Back yard chickens are illegal and my city, and my back yard is very small. 

This morning, I saw class on quail raising, offered by my local permaculture group. 

I thought this might be a solution for my issues, as they would be classified as pets, and can be raised (happily) in a cage.

I'd want them for eggs only. Maybe as meat birds later. But I would have to work up to that.

Just interested in hearing any personal stories, if you had experience raising small game birds.

----------


## Winnie

It wouldn't hurt to go to the class. I've not kept Quail myself, have thought about it, though. I'll follow this with interest!

----------


## hunter63

I haven't fooled around raising/keeping quail, but have some experience with pheasants.

My reasons for raising them is a little different, they are for the dogs to practice on, trailing, pointing, flushing, and ultimately shooting and eating them.
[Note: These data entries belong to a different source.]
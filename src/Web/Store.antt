-- ===== src/Web/Store.antt =====
-- What the settings commands promise: the configuration is a store of settings under keys.
use itertk.Base.{
  ℕ, ◌+◌, [], ◌∷◌, Option, none, some, ◌≢◌, ◌∙◌, ap, ◌≡◌, refl, fun_ext, List, ◌++◌, ◌==◌,
  if◌then◌else◌, ◌⊎◌, inl, inr, length,
}
use itertk.Conf.{ConfiData, ConfigSys, ConfigNet, ConfigVlan, ConfigServer, ConfigGpio}
use itertk.Conf.Users.{CmdCode}
use itertk.Client.{Client, Event}
use itertk.Client.Outputs.{drive, output_pin}
use itertk.Wire.{Step, Action, After}
use itertk.Wire.Packet.{Abi, Layout}
use itertk.Web.{Web, Board, change_conf, save_conf}
use itertk.Web.Set.{
  sys_sysinfo_set, sys_netinfo_set, sys_vlan_set, sys_server_set, sys_gpio_set, store_sys,
  store_net, store_vlan, store_server, store_gpio, drive_outputs, output_of, net_reset,
  receive_object,
}
use itertk.Web.Receiving.{receive_object-After}

pub data Key : Type 0 where
  sys net vlan server gpio : Key

pub data Setting : Type 0 where
  sys_is : ConfigSys → Setting
  net_is : ConfigNet → Setting
  vlan_is : ConfigVlan → Setting
  server_is : ConfigServer → Setting
  gpio_is : ConfigGpio → Setting

abbrev pub key_of : Setting → Key
key_of (sys_is v) = sys
key_of (net_is v) = net
key_of (vlan_is v) = vlan
key_of (server_is v) = server
key_of (gpio_is v) = gpio

abbrev key_number : Key → ℕ
key_number sys = 0
key_number net = 1
key_number vlan = 2
key_number server = 3
key_number gpio = 4

-- a store of settings, changed at one key
abbrev pub update : (Key → Setting) → Setting → Key → Setting
update f s k = if key_number k == key_number (key_of s) then s else f k

-- the configuration as such a store
abbrev pub view : ConfiData → Key → Setting
view conf sys = sys_is conf.con_sys
view conf net = net_is conf.con_net
view conf vlan = vlan_is conf.con_vlan
view conf server = server_is conf.con_server
view conf gpio = gpio_is conf.con_gpio

-- the setting that the bytes of a packet are
abbrev pub setting_of : Abi → Key → List ℕ → Setting
setting_of abi sys bytes = sys_is (abi.sys.load bytes)
setting_of abi net bytes = net_is (abi.net.load bytes)
setting_of abi vlan bytes = vlan_is (abi.vlan.load bytes)
setting_of abi server bytes = server_is (abi.server.load bytes)
setting_of abi gpio bytes = gpio_is (abi.gpio.load bytes)

abbrev pub size_of : Abi → Key → ℕ
size_of abi sys = abi.sys.size
size_of abi net = abi.net.size
size_of abi vlan = abi.vlan.size
size_of abi server = abi.server.size
size_of abi gpio = abi.gpio.size

-- the command for a key, and the code that says it was done
abbrev pub set_command : Board → Key → Action Web CmdCode
set_command b sys = sys_sysinfo_set b
set_command b net = sys_netinfo_set b
set_command b vlan = sys_vlan_set b
set_command b server = sys_server_set b
set_command b gpio = sys_gpio_set b

abbrev pub ok_code : Key → CmdCode
ok_code sys = CmdCode.sys_set_ok
ok_code net = CmdCode.net_set_ok
ok_code vlan = CmdCode.vlan_set_ok
ok_code server = CmdCode.server_set_ok
ok_code gpio = CmdCode.gpio_set_ok

every : (P : Key → Type 0) → P sys → P net → P vlan → P server → P gpio → (k : Key) → P k
every P a b c d e sys = a
every P a b c d e net = b
every P a b c d e vlan = c
every P a b c d e server = d
every P a b c d e gpio = e

view-sys :
    (v : ConfigSys) (conf : ConfiData) → view (store_sys v conf) ≡ update (view conf) (sys_is v)
unfolding store_sys
view-sys v conf = fun_ext (
    every (λ k. view (store_sys v conf) k ≡ update (view conf) (sys_is v) k) refl refl refl refl
      refl)

view-net :
    (v : ConfigNet) (conf : ConfiData) → view (store_net v conf) ≡ update (view conf) (net_is v)
unfolding store_net
view-net v conf = fun_ext (
    every (λ k. view (store_net v conf) k ≡ update (view conf) (net_is v) k) refl refl refl refl
      refl)

view-vlan :
    (v : ConfigVlan) (conf : ConfiData) → view (store_vlan v conf) ≡ update (view conf) (vlan_is v)
unfolding store_vlan
view-vlan v conf = fun_ext (
    every (λ k. view (store_vlan v conf) k ≡ update (view conf) (vlan_is v) k) refl refl refl refl
      refl)

view-server :
    (v : ConfigServer) (conf : ConfiData)
    → view (store_server v conf) ≡ update (view conf) (server_is v)
unfolding store_server
view-server v conf = fun_ext (
    every (λ k. view (store_server v conf) k ≡ update (view conf) (server_is v) k) refl refl refl
      refl refl)

view-gpio :
    (v : ConfigGpio) (conf : ConfiData) → view (store_gpio v conf) ≡ update (view conf) (gpio_is v)
unfolding store_gpio
view-gpio v conf = fun_ext (
    every (λ k. view (store_gpio v conf) k ≡ update (view conf) (gpio_is v) k) refl refl refl refl
      refl)

-- Driving pins leaves the configuration.
drive_outputs-conf : (seq : ℕ) (vs : List ℕ) (c : Client) → (drive_outputs seq vs c).conf ≡ c.conf
unfolding drive_outputs
drive_outputs-conf seq [] c = refl
drive_outputs-conf seq (v ∷ vs) c =
    drive_outputs-conf (seq + 1) vs (drive (output_pin seq) v c) ∙ drive-conf (output_pin seq) v c
  where
    drive-conf : (pin : Option ℕ) (v : ℕ) (c : Client) → (drive pin v c).conf ≡ c.conf
    drive-conf none v c = refl
    drive-conf (some pin) v c = refl

-- the settings that `config_net_set` has been called with behind a command
abbrev net_sets : Board → Key → List ℕ → List ConfigNet → List ConfigNet
net_sets b net bytes before = b.abi.net.load bytes ∷ before
net_sets b other bytes before = before

-- A settings command has stored the setting that it received whole, under its key, with the rest of
-- the packets left, and saved the configuration last; the network's settings, and no others, are also
-- given to `config_net_set`. Or it answers another code and has changed nothing but the connection.
pub record Stored (b : Board) (k : Key) (w w' : Web) : Type 0 where
  pub payload : List ℕ
  pub size : length payload ≡ size_of b.abi k
  pub kept : payload ++ w'.conn.inbox ≡ w.conn.inbox
  pub refined : view w'.client.conf ≡ update (view w.client.conf) (setting_of b.abi k payload)
  pub before : List Event
  pub saved : w'.client.log ≡ Event.saved w'.client.conf ∷ before
  pub sets : w'.net_set ≡ net_sets b k payload w.net_set

abbrev pub SetDone : Board → Key → Web → CmdCode → Web → Type 0
SetDone b k w code w' =
    ((code ≡ ok_code k) × Stored b k w w')
    ⊎ ((code ≢ ok_code k) × (w' ≡ record w { conn = w'.conn }))

-- A command that stores its object and saves the configuration, for another key than the network's.
set_plain-SetDone :
    {A : Type 0} (b : Board) (k : Key) (layout : Layout A) (failed : CmdCode)
    (change : A → ConfiData → ConfiData) (w : Web)
    → failed ≢ ok_code k
    → layout.size ≡ size_of b.abi k
    → ((got : List ℕ)
        → view (change (layout.load got) w.client.conf)
          ≡ update (view w.client.conf) (setting_of b.abi k got))
    → ((got : List ℕ) (before : List ConfigNet) → before ≡ net_sets b k got before)
    → After (SetDone b k w) (
        receive_object layout failed
          (λ v w. Step.done (ok_code k, save_conf (change_conf (change v) w)))
          w)
set_plain-SetDone b k layout failed change w other size refines no_net =
    receive_object-After layout failed
      (λ v w. Step.done (ok_code k, save_conf (change_conf (change v) w))) w (SetDone b k w)
      (λ got c e s. inl (
        refl,
        record {
          payload = got;
          size = s ∙ size;
          kept = e;
          refined = refines got;
          before = w.client.log;
          saved = refl;
          sets = no_net got w.net_set;
        },
      ))
      (λ c. inr (other, refl))

-- The five commands that set the system's, the network's, the VLAN's, the alarm server's and the
-- outputs' settings refine the update of an abstract store: whatever the connection does, a command
-- that answers with its code of success has changed the store at its own key only, to the setting
-- whose bytes it received whole, has saved the configuration that it left, and has called
-- config_net_set for the network's settings and no others; and one that answers another code has
-- changed nothing but the connection, and has not called config_net_set.
pub set_command-SetDone :
    (b : Board) (k : Key) (w : Web) → After (SetDone b k w) (set_command b k w)
unfolding sys_sysinfo_set sys_netinfo_set sys_vlan_set sys_server_set sys_gpio_set
set_command-SetDone b sys w =
    set_plain-SetDone b sys b.abi.sys CmdCode.sys_set_failed store_sys w
      (λ (e : CmdCode.sys_set_failed ≡ CmdCode.sys_set_ok). cc) refl
      (λ got. view-sys (b.abi.sys.load got) w.client.conf) (λ got before. refl)
set_command-SetDone b net w =
    receive_object-After b.abi.net CmdCode.net_set_failed
      (λ v w. Step.done (CmdCode.net_set_ok, net_reset (save_conf (change_conf (store_net v) w)))) w
      (SetDone b net w)
      (λ got c e s. inl (
        refl,
        record {
          payload = got;
          size = s;
          kept = e;
          refined = view-net (b.abi.net.load got) w.client.conf;
          before = w.client.log;
          saved = refl;
          sets = refl;
        },
      ))
      (λ c. inr ((λ (e : CmdCode.net_set_failed ≡ CmdCode.net_set_ok). cc), refl))
set_command-SetDone b vlan w =
    set_plain-SetDone b vlan b.abi.vlan CmdCode.vlan_set_failed store_vlan w
      (λ (e : CmdCode.vlan_set_failed ≡ CmdCode.vlan_set_ok). cc) refl
      (λ got. view-vlan (b.abi.vlan.load got) w.client.conf) (λ got before. refl)
set_command-SetDone b server w =
    set_plain-SetDone b server b.abi.server CmdCode.server_set_failed store_server w
      (λ (e : CmdCode.server_set_failed ≡ CmdCode.server_set_ok). cc) refl
      (λ got. view-server (b.abi.server.load got) w.client.conf) (λ got before. refl)
set_command-SetDone b gpio w =
    receive_object-After b.abi.gpio CmdCode.net_set_failed
      (λ v w.
        let stored = change_conf (store_gpio v) w in
        let driven = record stored { client = drive_outputs 1 (output_of v) stored.client } in
        Step.done (CmdCode.gpio_set_ok, save_conf driven))
      w (SetDone b gpio w)
      (λ got c e s. inl (
        refl,
        record {
          payload = got;
          size = s;
          kept = e;
          refined =
              ap view (
                drive_outputs-conf 1 (output_of (b.abi.gpio.load got))
                  (change_conf (store_gpio (b.abi.gpio.load got)) w).client)
              ∙ view-gpio (b.abi.gpio.load got) w.client.conf;
          before =
              (drive_outputs 1 (output_of (b.abi.gpio.load got))
                (change_conf (store_gpio (b.abi.gpio.load got)) w).client).log;
          saved = refl;
          sets = refl;
        },
      ))
      (λ c. inr ((λ (e : CmdCode.net_set_failed ≡ CmdCode.gpio_set_ok). cc), refl))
They are a "wild bird" as apposed to domesticated bird, tend to not "play well with others" if kept in a pen.
Chickens will attack a weak or injured cage mate, but pheasants will really go after others if kept too confined, run low on food, or maybe just bored? Lost several this way.

As I generally get them in August as chicks and keep them till late October, then either train the dogs, or release the survivors, with hopes of a self maintaining flock. (hasn't happened).

I guess I would be interested in the information that you are referring to.
Be aware that a lot of "raise whatever" for fun and profit, are really a pyramid scheme, you buy them from a breeder and raise them your self to sell to others.

The guy I get my pheasants from that has an old incubator and does the whole deal, including quail, chukar, and other game birds, for hunting lodges.

Quail eggs are small, about the size of a quarter, I'm guess you would need a lot of them for an omelet.

----------


## grrlscout

From what I have read so far, Coturnix (a Japanese breed) is the preferred breed for beginners, as they don't take up a lot of room, are fairly gentle, and produce relatively large eggs, for their size. They can lay 200-300 eggs a year.

In my research, I have seen lots of those sites promising to make you loads of money raising quail.  :Angry:  Luckily the org that offers the class is non-profit and reputable. Some members do sell their chicks. 

The class is in December, and it's only a $10 donation. So I might just check it out, if for anything, curiosity's sake.

----------


## grrlscout

Oh and so far, these seems like the most unbiased and complete site that I have found:

http://raisequail.com/raising_coturnix_quail.html

----------


## hunter63

> From what I have read so far, Coturnix (a Japanese breed) is the preferred breed for beginners, as they don't take up a lot of room, are fairly gentle, and produce relatively large eggs, for their size. They can lay 200-300 eggs a year.
> 
> In my research, I have seen lots of those sites promising to make you loads of money raising quail.  Luckily the org that offers the class is non-profit and reputable. Some members do sell their chicks. 
> 
> The class is in December, and it's only a $10 donation. So I might just check it out, if for anything, curiosity's sake.


I'm thinking that you are going about this the right way.
I would guess the then $10 bucks would be a good investment. but use your head.

Note: just because it's a non-profit organization, doesn't mean much, as they can be blinded by "Marketing" as well, in their efforts to save the planet.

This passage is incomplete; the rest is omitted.